Profiling the FC Nordsjælland and Norway teenage talent
Who is Andreas Schjelderup?
Age is no barrier at FC Nordsjælland. With the club’s extreme focus on youth development, talented youngsters are always in with a shout of making it at the Danish club. One of the current crop is Norwegian attacker Andreas Schjelderup.
Born in Bodø, he started his youth career at what is now every football hipster’s favourite club, FK Bodø/Glimt. In 2020, Schjelderup made the decision to leave the club with several European giants reportedly circling, including the likes of Liverpool, Juventus and Bayern München.
Speaking in an interview earlier this year, he admitted that it “hurt” turning down Liverpool in particular, but acknowledged that the right decision had been made in choosing to move to Denmark and Nordsjælland.
Within six months of making the move, the then 16-year-old was promoted from the U-19s to the first-team squad. In February 2021, he made his senior bow at the age of 16 years, 8 months and 3 days to become the club’s second-youngest player ever, two months behind team-mate Tochi Chukwuani, and he became the club’s youngest-ever goalscorer the very next month.
Schjelderup went on to start 12 games in total in 20/21, scoring thrice, including a brace on the final day of the regular season to help his side to a 2-1 victory over SønderjyskE and lift them into the Superligaen championship play-off round.
In the 2021/22 season, Schjelderup broke the 1000-minute barrier for the season, making 22 appearances in total, including 16 starts. Despite a dip in form for the club as a whole, his tally of four goals in total (including two penalties) was still underwhelming.
This season, however, Schjelderup, and Nordsjaelland as a result have been on a different level. The club sits at the top of the Superligaen table at the time of writing, with the Norwegian leading the league scoring charts with seven goals in 12 appearances, starting 11 times.
Andreas Schjelderup's style of play
Schjelderup has been lazily dubbed the ‘new Haaland’ by several online outlets, but such comparisons are wide of the mark. A look at his data profile provides a nice overview of what kind of player he is.

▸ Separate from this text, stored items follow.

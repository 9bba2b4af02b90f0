-- ===== src/Server/Stopping.antt =====
-- What Worker::Stop asks of io_uring for its sessions.
use yuwibo_server.Prelude.{
  subst, ℕ, suc, arith, ◌≡◌, refl, sym, ap, ◌∙◌, Bool, true, false, List, [], ◌∷◌, ◌++◌, ◌==◌,
  Bool-cases, inl, inr, if◌then◌else◌, length, All, append_assoc, append-nil, Outcome, ok,
}
use yuwibo_server.Tls.{Ssl}
use yuwibo_server.Session.{Uring, Request, nop, submitted, cancel_recv, Conn, start_close}
use yuwibo_server.Server.{
  SessionOps, Entry, Worker, start_closes, close_sessions, stop_sqe, stop_worker,
}
use yuwibo_server.Server.Closing.{addresses}
use yuwibo_server.Server.Sessions.{Own, Shared, stop_nop, session_ops}

-- The cancellations that were not asked for yet.
abbrev pub wanted : {T : Type 0} → List (Entry (Own T)) → List Request
wanted [] = []
wanted (e ∷ es) = if e.session.canceling then wanted es else cancel_recv e.session.fd ∷ wanted es

-- What Stop asks for: the cancellations, or without sessions the completion that ends the loop.
abbrev pub stop_requests : {T : Type 0} → List (Entry (Own T)) → List Request
stop_requests [] = nop ∷ submitted ∷ []
stop_requests (e ∷ es) = wanted (e ∷ es) ++ (submitted ∷ [])

module _ (u : Uring) (ssl : Ssl) (W : Type 0) (tls : ssl.State) (unset : ℕ)
    (handle : List ℕ → ℕ → Conn u ssl W → Outcome (Conn u ssl W))
    (free : (q : u.Ring) → (u.get_sqe q).0 ≡ true) where
  abbrev AreCanceling : List (Entry (Own ssl.State)) → Type 0
  AreCanceling es = All (λ (e : Entry (Own ssl.State)). e.session.canceling ≡ true) es

  abbrev Ops : SessionOps (Shared u.Ring W)
  Ops = session_ops u ssl W tls unset handle

  -- What StartClose does to a session.
  abbrev now_canceling : Own ssl.State → Own ssl.State
  now_canceling s = record s { canceling = true }

  -- What does not depend on whether a session is canceling, stays.
  abbrev pub Keeps : List (Entry (Own ssl.State)) → List (Entry (Own ssl.State)) → Type 1
  Keeps es es' =
      (P : Entry (Own ssl.State) → Type 0)
      → ((e : Entry (Own ssl.State)) → P e → P (record e { session = now_canceling e.session }))
      → All P es
      → All P es'

  start_close_lem :
      (s : Own ssl.State) (r : Shared u.Ring W)
      → (s' : Own ssl.State) × (r' : Shared u.Ring W) × (Ops.start_close false s r ≡ ok (s', r'))
        × (s' ≡ now_canceling s)
        × (r'.requests ≡ r.requests ++ (if s.canceling then [] else cancel_recv s.fd ∷ []))
  unfolding start_close
  start_close_lem s r = elim (Bool-cases s.canceling) [
    | inl already ↦ (
      s,
      r,
      rw already refl,
      ap (λ b. record s { canceling = b }) already,
      rw already (sym (append-nil r.requests)),
    )
    | inr first ↦ (
      record s { canceling = true },
      record r { ring = (u.get_sqe r.ring).1; requests = r.requests ++ (cancel_recv s.fd ∷ []) },
      rw (first, free r.ring) refl,
      refl,
      rw first refl,
    )
  ]

  start_closes_lem :
      (es : List (Entry (Own ssl.State))) (r : Shared u.Ring W)
      → (es' : List (Entry (Own ssl.State))) × (r' : Shared u.Ring W) × (start_closes Ops es r
          ≡ ok (es', r'))
        × AreCanceling es'
        × (length es' ≡ length es)
        × (r'.requests ≡ r.requests ++ wanted es)
        × (addresses es' ≡ addresses es)
        × Keeps es es'
  unfolding start_closes
  start_closes_lem [] r =
      ([], r, refl, tt, refl, sym (append-nil r.requests), refl, λ P stable all. all)
  start_closes_lem (e ∷ es) r =
      let (s, r₁, one, now, asks) = start_close_lem e.session r in
      let (es', r₂, more, all, len, asks', same, keeps) = start_closes_lem es r₁ in
      (
        record e { session = s } ∷ es',
        r₂,
        rw (one, more) refl,
        (ap (λ x. x.canceling) now, all),
        ap suc len,
        asks'
            ∙ ap (λ rs. rs ++ wanted es) asks
            ∙ one_more r.requests e.session.canceling e.session.fd (wanted es),
        ap (λ ns. e.address ∷ ns) same,
        λ P stable all. (
          subst (λ x. P (record e { session = x })) (sym now) (stable e all.0),
          keeps P stable all.1,
        ),
      )
    where
      one_more :
          (rs : List Request) (b : Bool) (fd : ℕ) (ws : List Request)
          → (rs ++ (if b then [] else cancel_recv fd ∷ [])) ++ ws
            ≡ rs ++ (if b then ws else cancel_recv fd ∷ ws)
      one_more rs true fd ws = ap (λ xs. xs ++ ws) (append-nil rs)
      one_more rs false fd ws = append_assoc rs (cancel_recv fd ∷ []) ws

  -- Worker::Stop of a stopped server: every session is canceling, and what was asked of io_uring is the
  -- cancellations that were not asked for before, or without sessions the completion that ends the
  -- loop.
  abbrev pub Cancels : Worker (Own ssl.State) (Shared u.Ring W) → Type 1
  Cancels w =
      (w' : Worker (Own ssl.State) (Shared u.Ring W)) × (stop_worker Ops false w ≡ ok w')
      × AreCanceling w'.sessions
      × (length w'.sessions ≡ length w.sessions)
      × (w'.shared.requests ≡ w.shared.requests ++ stop_requests w.sessions)
      × (addresses w'.sessions ≡ addresses w.sessions)
      × Keeps w.sessions w'.sessions

  pub stop_worker_lem : (w : Worker (Own ssl.State) (Shared u.Ring W)) → Cancels w
  unfolding stop_worker close_sessions stop_sqe stop_nop
  stop_worker_lem w = by_sessions w.sessions w.shared
    where
      some_left : (n : ℕ) → (suc n == 0) ≡ false
      some_left n = ground arith

      by_sessions :
          (es : List (Entry (Own ssl.State))) (r : Shared u.Ring W)
          → Cancels (record { sessions = es; shared = r })
      by_sessions [] r = (
        record { sessions = []; shared = stop_nop u ssl W r },
        refl,
        tt,
        refl,
        rw (free r.ring) (append_assoc r.requests (nop ∷ []) (submitted ∷ [])),
        refl,
        λ P stable all. all,
      )
      by_sessions (e ∷ es) r =
          let (es', r', runs, all, len, asks, same, keeps) = start_closes_lem (e ∷ es) r in
          (
            record {
              sessions = es';
              shared = record r' {
                ring = u.submit r'.ring;
                requests = r'.requests ++ (submitted ∷ []);
              };
            },
            rw (runs, ap (λ n. n == 0) len, some_left (length es)) refl,
            all,
            len,
            ap (λ rs. rs ++ (submitted ∷ [])) asks
                ∙ append_assoc r.requests (wanted (e ∷ es)) (submitted ∷ []),
            same,
            keeps,
          )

As is clear in the data profile above, Schjelderup ranks highly in terms of dribbling and shooting quantity, as well as touches in the opposition penalty area. This, combined with a low ranking for crosses and other passing metrics such as expected assists and shot assists, might start to paint a picture of a poacher-type of forward, but this isn’t entirely true. What is accurate here, however, is that, from the evidence at hand so far, he is more of a scorer than a creator.

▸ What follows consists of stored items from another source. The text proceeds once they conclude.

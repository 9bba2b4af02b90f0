-- ===== src/Server/Acknowledged.antt =====
-- What is known of the sessions of a stopping worker while the completions of its cancellations come.
use yuwibo_server.Prelude.{
  ℕ, ◌≡◌, refl, sym, ap, ◌∙◌, subst, Bool, true, false, not, ◌&&◌, ◌||◌, List, [], ◌∷◌, some,
  some-injective, arith, ◌==◌, if◌then◌else◌, ==_iff, Bool-cases, inl, inr, All, ◌⊎◌,
}
use yuwibo_server.Session.{Request}
use yuwibo_server.Server.{Entry, find_session, set_session}
use yuwibo_server.Server.Sessions.{Own}
use yuwibo_server.Server.Shutdown.{is_among}
use yuwibo_server.Server.Closing.{
  Ack, ack_address, ack_checks, addresses, AreDistinct, is_idle, closes, is_settled, is_asked,
  Effect,
}

-- One session, given the completions to come and the requests made so far.
pub record IsStopping {T : Type 0} (acks : List Ack) (rs : List Request) (e : Entry (Own T))
    : Type 0 where
  pub canceling : e.session.canceling ≡ true
  pub asked : e.session.closing ≡ true → is_asked e.session.fd rs ≡ true
  pub settled : (e.session.closing ≡ true) ⊎ (is_settled acks e ≡ true)

or_cases : (a b : Bool) → (a || b) ≡ true → (a ≡ true) ⊎ (b ≡ true)
or_cases true b h = inl refl
or_cases false b h = inr h

and_right : (a b : Bool) → (a && b) ≡ true → b ≡ true
and_right a b h = ground arith

and_left : (a b : Bool) → (a && b) ≡ true → a ≡ true
and_left a b h = ground arith

never_both : (b : Bool) → b ≡ false → b ≡ true → ⊥
never_both b f t = cc

if_true {ℓ} : {A : Type ℓ} (b : Bool) (x y z : A) → b ≡ true → (if b then x else y) ≡ z → x ≡ z
if_true true x y z h q = q
if_true false x y z h q = cc

if_false {ℓ} : {A : Type ℓ} (b : Bool) (x y z : A) → b ≡ false → (if b then x else y) ≡ z → y ≡ z
if_false true x y z h q = cc
if_false false x y z h q = q

module _ {T : Type 0} where
  pub is_settled-same :
      (acks : List Ack) (e : Entry (Own T)) (s' : Own T)
      → is_idle s' ≡ is_idle e.session
      → is_settled acks (record e { session = s' }) ≡ is_settled acks e
  is_settled-same [] e s' same = refl
  is_settled-same (k ∷ ks) e s' same =
      ap
        (λ b.
          (e.address == ack_address k && (not (ack_checks k) || b))
          || is_settled ks (record e { session = s' }))
        same
      ∙ ap (λ b. (e.address == ack_address k && closes (ack_checks k) e.session) || b)
          (is_settled-same ks e s' same)

  -- The session of the completion.
  touched-IsStopping :
      (k : Ack) (acks : List Ack) (e : Entry (Own T)) (s' : Own T) (rs rs' : List Request)
      → Effect (ack_checks k) e.session s' rs rs'
      → IsStopping (k ∷ acks) rs e
      → IsStopping acks rs' (record e { session = s' })
  touched-IsStopping k acks e s' rs rs' f h = record {
    canceling = f.canceling;
    asked = λ now.
        subst (λ n. is_asked n rs' ≡ true) (sym f.same_fd)
          (elim (f.asked now) [
            | inl before ↦ f.grows e.session.fd (h.asked before)
            | inr new ↦ new
          ]);
    settled = elim h.settled [
      | inl closing ↦ inl (f.closing_still closing)
      | inr comes ↦ elim (or_cases _ _ comes) [
        | inl this ↦ inl (f.closing_now (and_right _ _ this))
        | inr later ↦ inr (is_settled-same acks e s' f.same_idle ∙ later)
      ]
    ];
  }

  -- Another session.
  other-IsStopping :
      (k : Ack) (acks : List Ack) (e : Entry (Own T)) (s s' : Own T) (rs rs' : List Request)
      → Effect (ack_checks k) s s' rs rs'
      → (e.address == ack_address k) ≡ false
      → IsStopping (k ∷ acks) rs e
      → IsStopping acks rs' e
  other-IsStopping k acks e s s' rs rs' f other h = record {
    canceling = h.canceling;
    asked = λ now. f.grows e.session.fd (h.asked now);
    settled = elim h.settled [
      | inl closing ↦ inl closing
      | inr comes ↦ elim (or_cases _ _ comes) [
        | inl this ↦ absurd (never_both _ other (and_left _ _ this))
        | inr later ↦ inr later
      ]
    ];
  }

  others-AllStopping :
      (k : Ack) (acks : List Ack) (s s' : Own T) (rs rs' : List Request) (es : List (Entry (Own T)))
      → Effect (ack_checks k) s s' rs rs'
      → is_among (ack_address k) (addresses es) ≡ false
      → All (IsStopping (k ∷ acks) rs) es
      → All (IsStopping acks rs') es
  others-AllStopping k acks s s' rs rs' [] f absent all = tt
  others-AllStopping k acks s s' rs rs' (e ∷ es) f absent all = (
    other-IsStopping k acks e s s' rs rs' f
        (neither (e.address == ack_address k) (is_among (ack_address k) (addresses es)) absent).0
        all.0,
    others-AllStopping k acks s s' rs rs' es f
        (neither (e.address == ack_address k) (is_among (ack_address k) (addresses es)) absent).1
        all.1,
  )
    where
      neither : (a b : Bool) → (a || b) ≡ false → (a ≡ false) × (b ≡ false)
      neither a b h = (ground arith, ground arith)

  -- A completion leaves all of that known, if every object has its own address.
  pub set_session-AllStopping :
      (k : Ack) (acks : List Ack) (s s' : Own T) (rs rs' : List Request) (es : List (Entry (Own T)))
      → Effect (ack_checks k) s s' rs rs'
      → find_session (ack_address k) es ≡ some s
      → AreDistinct (addresses es)
      → All (IsStopping (k ∷ acks) rs) es
      → All (IsStopping acks rs') (set_session (ack_address k) s' es)
  unfolding find_session set_session
  set_session-AllStopping k acks s s' rs rs' [] f found distinct all = tt
  set_session-AllStopping k acks s s' rs rs' (e ∷ es) f found distinct all =
      elim (Bool-cases (e.address == ack_address k)) [
        | inl here ↦
            let same : e.session ≡ s =
              some-injective (
                if_true _ (some e.session) (find_session (ack_address k) es) (some s) here found) in
            rw here (
              touched-IsStopping k acks e s' rs rs'
                  (subst (λ x. Effect (ack_checks k) x s' rs rs') (sym same) f) all.0,
              others-AllStopping k acks s s' rs rs' es f
                  (subst (λ n. is_among n (addresses es) ≡ false) ((==_iff _ _).0 here) distinct.0)
                  all.1,
            )
        | inr there ↦ rw there (
          other-IsStopping k acks e s s' rs rs' f there all.0,
          set_session-AllStopping k acks s s' rs rs' es f
              (if_false _ (some e.session) (find_session (ack_address k) es) (some s) there found)
              distinct.1 all.1,
        )
      ]

  pub find_session-canceling :
      (acks : List Ack) (rs : List Request) (a : ℕ) (s : Own T) (es : List (Entry (Own T)))
      → find_session a es ≡ some s
      → All (IsStopping acks rs) es
      → s.canceling ≡ true
  unfolding find_session
  find_session-canceling acks rs a s [] found all = cc
  find_session-canceling acks rs a s (e ∷ es) found all = elim (Bool-cases (e.address == a)) [
    | inl here ↦
        ap (λ x. x.canceling)
          (sym
            (some-injective (if_true _ (some e.session) (find_session a es) (some s) here found)))
        ∙ all.0.canceling
    | inr there ↦
        find_session-canceling acks rs a s es
          (if_false _ (some e.session) (find_session a es) (some s) there found) all.1
  ]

In a video released on Nordsjælland’s YouTube channel last year, there is a segment in which Schjelderup talks about his role model on the pitch, stating the following:
“There’s a lot of players I look up to on the pitch, but the one I like, I enjoy watching the most is probably Neymar. It’s so nice to watch him, the way he can dribble the ball. Just, take every defender on and yeah, just make them look like a fool.”
It’s no wonder, then, that the little Norwegian loves to dribble. Playing primarily as a left winger, Schjelderup tends to hug the touchline off the ball. He receives possession from team-mates out wide before cutting inside and driving towards more central areas, thus ensuring that he can pick up the ball with space and time before looking to make a real impact. This tendency is nicely illustrated by his season heatmap so far, courtesy of SofaScore:
Like Neymar, Schjelderup also has the ability to draw defenders towards him. That opens up space for his team-mates to exploit. This is something that has become even more prevalent this season in particular, and is a big part of the reason why Nordsjælland currently top the Superligaen table.
His gravity demands attention from the opposition, and when he finally releases the ball, gaps have opened up that the likes of Ernest Nuamah and Mohamed Diomandé have thrived off that. A great example of this comes in the following pair of screenshots from this season, when Midtjylland visited the Right to Dream Park.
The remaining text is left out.